◆ WORK REQUEST: Read through the listing below and return only the lines containing "loop".

───

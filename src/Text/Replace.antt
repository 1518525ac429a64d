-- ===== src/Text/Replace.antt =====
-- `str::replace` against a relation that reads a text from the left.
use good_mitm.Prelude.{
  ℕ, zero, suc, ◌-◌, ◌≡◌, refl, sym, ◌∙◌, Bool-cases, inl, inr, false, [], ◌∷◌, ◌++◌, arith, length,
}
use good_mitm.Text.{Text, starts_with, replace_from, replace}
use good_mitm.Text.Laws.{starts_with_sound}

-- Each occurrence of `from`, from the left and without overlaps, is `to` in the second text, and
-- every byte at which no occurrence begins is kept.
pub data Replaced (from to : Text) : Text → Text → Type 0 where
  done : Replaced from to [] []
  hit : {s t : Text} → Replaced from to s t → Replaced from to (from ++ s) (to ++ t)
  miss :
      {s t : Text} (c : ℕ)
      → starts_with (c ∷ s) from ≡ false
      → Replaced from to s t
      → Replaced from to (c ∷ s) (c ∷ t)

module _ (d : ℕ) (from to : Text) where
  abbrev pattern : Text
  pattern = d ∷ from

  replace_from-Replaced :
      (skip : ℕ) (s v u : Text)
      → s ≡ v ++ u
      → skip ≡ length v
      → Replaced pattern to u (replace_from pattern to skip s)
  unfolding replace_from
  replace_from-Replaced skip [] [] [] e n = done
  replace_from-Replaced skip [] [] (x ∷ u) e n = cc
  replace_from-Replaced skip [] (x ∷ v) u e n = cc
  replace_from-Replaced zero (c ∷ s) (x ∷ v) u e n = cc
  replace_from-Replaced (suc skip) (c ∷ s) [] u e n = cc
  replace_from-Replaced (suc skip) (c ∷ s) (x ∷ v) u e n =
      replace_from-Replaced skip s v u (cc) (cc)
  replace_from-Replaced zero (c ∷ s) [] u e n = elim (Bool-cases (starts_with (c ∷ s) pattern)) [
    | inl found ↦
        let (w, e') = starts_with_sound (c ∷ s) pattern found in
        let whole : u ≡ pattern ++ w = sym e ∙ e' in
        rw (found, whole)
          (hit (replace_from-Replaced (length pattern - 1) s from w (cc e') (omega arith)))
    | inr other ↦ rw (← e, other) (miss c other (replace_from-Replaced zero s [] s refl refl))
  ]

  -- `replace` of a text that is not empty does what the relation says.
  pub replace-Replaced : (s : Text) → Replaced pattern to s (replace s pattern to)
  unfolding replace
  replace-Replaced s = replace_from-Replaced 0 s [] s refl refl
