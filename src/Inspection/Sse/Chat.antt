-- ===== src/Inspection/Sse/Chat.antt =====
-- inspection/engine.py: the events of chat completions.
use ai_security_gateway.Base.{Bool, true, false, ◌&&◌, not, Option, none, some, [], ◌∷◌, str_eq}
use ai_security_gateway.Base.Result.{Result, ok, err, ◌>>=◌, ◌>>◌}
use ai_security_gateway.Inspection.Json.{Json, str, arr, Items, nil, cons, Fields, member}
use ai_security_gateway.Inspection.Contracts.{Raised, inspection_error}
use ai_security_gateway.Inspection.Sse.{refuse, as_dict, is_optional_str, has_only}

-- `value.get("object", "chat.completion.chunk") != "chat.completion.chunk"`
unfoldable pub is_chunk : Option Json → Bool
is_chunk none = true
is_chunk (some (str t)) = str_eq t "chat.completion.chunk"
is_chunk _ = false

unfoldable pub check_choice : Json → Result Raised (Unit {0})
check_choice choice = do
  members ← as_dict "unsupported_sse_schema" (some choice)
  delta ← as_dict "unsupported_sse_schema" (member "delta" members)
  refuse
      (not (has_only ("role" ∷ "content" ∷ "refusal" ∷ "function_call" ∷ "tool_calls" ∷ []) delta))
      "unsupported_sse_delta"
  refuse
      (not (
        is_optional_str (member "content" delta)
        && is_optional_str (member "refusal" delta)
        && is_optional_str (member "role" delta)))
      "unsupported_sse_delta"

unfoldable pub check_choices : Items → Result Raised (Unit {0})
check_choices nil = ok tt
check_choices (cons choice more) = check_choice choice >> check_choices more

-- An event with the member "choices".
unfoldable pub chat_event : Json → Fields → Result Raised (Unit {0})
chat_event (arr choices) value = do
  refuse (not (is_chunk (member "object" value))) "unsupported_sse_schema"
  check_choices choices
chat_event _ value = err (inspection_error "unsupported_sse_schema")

───

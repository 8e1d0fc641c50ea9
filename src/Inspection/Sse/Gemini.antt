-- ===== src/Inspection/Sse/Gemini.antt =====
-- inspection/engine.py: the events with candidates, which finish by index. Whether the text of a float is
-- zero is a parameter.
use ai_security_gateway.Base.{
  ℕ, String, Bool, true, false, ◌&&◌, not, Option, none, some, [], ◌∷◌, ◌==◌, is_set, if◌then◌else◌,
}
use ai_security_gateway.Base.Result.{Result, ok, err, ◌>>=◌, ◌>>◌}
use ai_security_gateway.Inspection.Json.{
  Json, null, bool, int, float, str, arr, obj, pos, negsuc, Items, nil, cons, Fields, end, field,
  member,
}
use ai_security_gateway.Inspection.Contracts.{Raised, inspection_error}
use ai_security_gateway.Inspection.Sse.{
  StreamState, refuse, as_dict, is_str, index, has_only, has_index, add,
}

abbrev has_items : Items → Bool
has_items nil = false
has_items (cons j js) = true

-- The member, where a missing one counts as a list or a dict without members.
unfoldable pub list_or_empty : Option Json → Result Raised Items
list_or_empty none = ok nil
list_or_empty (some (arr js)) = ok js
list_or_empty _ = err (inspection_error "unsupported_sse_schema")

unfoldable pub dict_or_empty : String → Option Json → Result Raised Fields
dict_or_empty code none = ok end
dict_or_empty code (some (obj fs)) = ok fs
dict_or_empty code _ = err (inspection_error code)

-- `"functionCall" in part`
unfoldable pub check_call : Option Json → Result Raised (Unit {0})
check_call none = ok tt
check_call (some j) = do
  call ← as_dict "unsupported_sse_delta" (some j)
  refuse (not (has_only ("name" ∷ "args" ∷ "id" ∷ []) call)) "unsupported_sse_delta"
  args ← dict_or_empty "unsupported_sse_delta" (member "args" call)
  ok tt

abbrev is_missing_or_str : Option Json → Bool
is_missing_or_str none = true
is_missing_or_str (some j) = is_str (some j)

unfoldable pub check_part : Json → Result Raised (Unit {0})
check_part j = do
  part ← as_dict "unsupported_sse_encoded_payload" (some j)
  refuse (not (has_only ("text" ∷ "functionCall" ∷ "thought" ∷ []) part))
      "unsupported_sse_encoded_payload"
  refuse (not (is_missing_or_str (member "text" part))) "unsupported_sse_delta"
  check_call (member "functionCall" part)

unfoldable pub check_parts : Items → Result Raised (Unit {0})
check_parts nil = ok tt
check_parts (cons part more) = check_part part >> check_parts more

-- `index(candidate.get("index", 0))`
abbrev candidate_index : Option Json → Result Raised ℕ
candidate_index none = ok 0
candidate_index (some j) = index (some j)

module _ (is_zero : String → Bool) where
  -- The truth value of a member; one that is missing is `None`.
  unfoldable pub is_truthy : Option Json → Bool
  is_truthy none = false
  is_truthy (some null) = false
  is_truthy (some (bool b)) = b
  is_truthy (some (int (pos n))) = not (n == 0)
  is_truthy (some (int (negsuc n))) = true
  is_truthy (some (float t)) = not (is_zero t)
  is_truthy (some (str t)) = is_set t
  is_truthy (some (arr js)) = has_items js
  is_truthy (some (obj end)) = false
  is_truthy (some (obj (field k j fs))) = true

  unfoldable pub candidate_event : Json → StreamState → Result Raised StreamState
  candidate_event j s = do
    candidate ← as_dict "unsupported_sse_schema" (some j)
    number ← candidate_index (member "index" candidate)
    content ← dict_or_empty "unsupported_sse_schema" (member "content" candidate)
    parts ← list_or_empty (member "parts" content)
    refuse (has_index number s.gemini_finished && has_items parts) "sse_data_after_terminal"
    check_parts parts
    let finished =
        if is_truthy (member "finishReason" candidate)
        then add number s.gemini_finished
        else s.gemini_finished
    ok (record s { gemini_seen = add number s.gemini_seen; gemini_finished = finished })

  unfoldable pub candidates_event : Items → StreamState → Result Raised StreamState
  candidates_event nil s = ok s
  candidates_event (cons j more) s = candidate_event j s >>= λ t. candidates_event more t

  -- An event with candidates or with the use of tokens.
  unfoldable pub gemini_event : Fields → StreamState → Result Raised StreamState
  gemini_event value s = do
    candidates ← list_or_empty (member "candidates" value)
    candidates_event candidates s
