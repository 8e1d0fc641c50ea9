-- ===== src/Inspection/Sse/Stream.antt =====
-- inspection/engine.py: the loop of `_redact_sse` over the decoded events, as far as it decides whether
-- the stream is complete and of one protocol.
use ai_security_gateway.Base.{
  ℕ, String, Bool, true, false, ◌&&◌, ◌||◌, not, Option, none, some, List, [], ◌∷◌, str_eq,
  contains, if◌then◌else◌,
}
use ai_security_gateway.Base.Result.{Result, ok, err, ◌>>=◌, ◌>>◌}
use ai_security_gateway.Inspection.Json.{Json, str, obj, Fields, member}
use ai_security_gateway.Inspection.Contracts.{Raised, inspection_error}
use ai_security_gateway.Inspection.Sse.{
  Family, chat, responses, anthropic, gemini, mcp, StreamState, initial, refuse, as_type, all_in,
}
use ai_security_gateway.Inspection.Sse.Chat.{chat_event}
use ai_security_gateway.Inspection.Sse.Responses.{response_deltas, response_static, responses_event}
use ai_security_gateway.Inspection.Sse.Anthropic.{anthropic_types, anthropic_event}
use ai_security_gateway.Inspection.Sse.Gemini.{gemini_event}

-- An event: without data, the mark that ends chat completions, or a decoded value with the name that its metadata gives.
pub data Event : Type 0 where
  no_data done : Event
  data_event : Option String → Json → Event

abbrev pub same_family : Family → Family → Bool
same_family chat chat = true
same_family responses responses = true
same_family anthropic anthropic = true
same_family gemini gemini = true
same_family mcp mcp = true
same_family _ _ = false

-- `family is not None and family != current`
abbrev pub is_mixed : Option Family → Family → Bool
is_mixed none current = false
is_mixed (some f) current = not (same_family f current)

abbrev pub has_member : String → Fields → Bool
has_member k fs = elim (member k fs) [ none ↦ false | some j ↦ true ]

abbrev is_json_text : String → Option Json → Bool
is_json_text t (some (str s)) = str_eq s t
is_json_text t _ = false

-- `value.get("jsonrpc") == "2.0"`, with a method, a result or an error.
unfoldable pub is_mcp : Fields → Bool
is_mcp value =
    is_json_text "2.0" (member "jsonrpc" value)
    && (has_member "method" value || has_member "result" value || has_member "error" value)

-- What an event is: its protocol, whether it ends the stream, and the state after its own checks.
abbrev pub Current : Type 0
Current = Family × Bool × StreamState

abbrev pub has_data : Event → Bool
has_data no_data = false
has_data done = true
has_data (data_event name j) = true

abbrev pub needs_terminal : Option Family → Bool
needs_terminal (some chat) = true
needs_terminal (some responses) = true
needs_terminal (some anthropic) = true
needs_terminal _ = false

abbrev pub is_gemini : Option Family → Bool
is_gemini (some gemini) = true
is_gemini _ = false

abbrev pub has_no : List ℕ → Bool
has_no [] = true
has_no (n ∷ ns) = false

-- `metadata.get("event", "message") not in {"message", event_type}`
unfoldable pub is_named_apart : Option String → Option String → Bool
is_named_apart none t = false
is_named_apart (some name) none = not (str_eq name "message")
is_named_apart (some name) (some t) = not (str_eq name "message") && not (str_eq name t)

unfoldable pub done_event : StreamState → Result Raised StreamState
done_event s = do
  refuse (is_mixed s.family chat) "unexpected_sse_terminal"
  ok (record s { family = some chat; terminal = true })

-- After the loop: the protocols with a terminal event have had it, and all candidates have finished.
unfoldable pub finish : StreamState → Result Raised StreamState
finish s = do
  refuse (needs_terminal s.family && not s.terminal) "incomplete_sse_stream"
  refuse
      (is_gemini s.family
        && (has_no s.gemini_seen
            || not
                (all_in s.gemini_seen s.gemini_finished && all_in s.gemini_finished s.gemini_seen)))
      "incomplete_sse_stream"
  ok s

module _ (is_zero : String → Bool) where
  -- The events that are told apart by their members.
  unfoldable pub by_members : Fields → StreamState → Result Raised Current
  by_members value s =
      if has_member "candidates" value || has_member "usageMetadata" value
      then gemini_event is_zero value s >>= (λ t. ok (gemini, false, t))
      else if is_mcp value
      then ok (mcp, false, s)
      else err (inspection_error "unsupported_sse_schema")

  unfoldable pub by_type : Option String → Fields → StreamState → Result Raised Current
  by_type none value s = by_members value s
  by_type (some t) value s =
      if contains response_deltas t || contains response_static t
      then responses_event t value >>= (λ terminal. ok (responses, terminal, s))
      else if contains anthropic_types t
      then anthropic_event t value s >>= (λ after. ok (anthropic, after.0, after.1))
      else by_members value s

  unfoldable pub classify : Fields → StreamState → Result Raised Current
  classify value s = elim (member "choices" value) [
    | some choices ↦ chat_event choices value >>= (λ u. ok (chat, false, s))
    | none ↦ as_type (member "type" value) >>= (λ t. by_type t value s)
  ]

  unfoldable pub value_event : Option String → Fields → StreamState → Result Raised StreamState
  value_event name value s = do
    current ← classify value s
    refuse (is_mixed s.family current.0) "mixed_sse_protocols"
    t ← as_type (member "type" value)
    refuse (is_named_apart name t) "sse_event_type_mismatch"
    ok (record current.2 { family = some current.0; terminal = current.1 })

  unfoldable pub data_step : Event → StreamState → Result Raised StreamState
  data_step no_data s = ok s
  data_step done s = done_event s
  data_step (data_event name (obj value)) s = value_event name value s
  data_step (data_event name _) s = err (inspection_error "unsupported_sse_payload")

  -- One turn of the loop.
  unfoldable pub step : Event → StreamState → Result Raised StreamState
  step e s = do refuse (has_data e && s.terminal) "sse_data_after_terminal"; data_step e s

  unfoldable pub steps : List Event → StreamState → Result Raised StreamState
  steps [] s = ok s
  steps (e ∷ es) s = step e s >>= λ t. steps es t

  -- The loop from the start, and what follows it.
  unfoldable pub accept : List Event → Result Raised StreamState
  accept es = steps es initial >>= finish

───

◆ SOLUTION TO THE PROBLEM:
-- inspection/engine.py: the loop of `_redact_sse` over the decoded events, as far as it decides whether
-- After the loop: the protocols with a terminal event have had it, and all candidates have finished.
  -- One turn of the loop.
  -- The loop from the start, and what follows it.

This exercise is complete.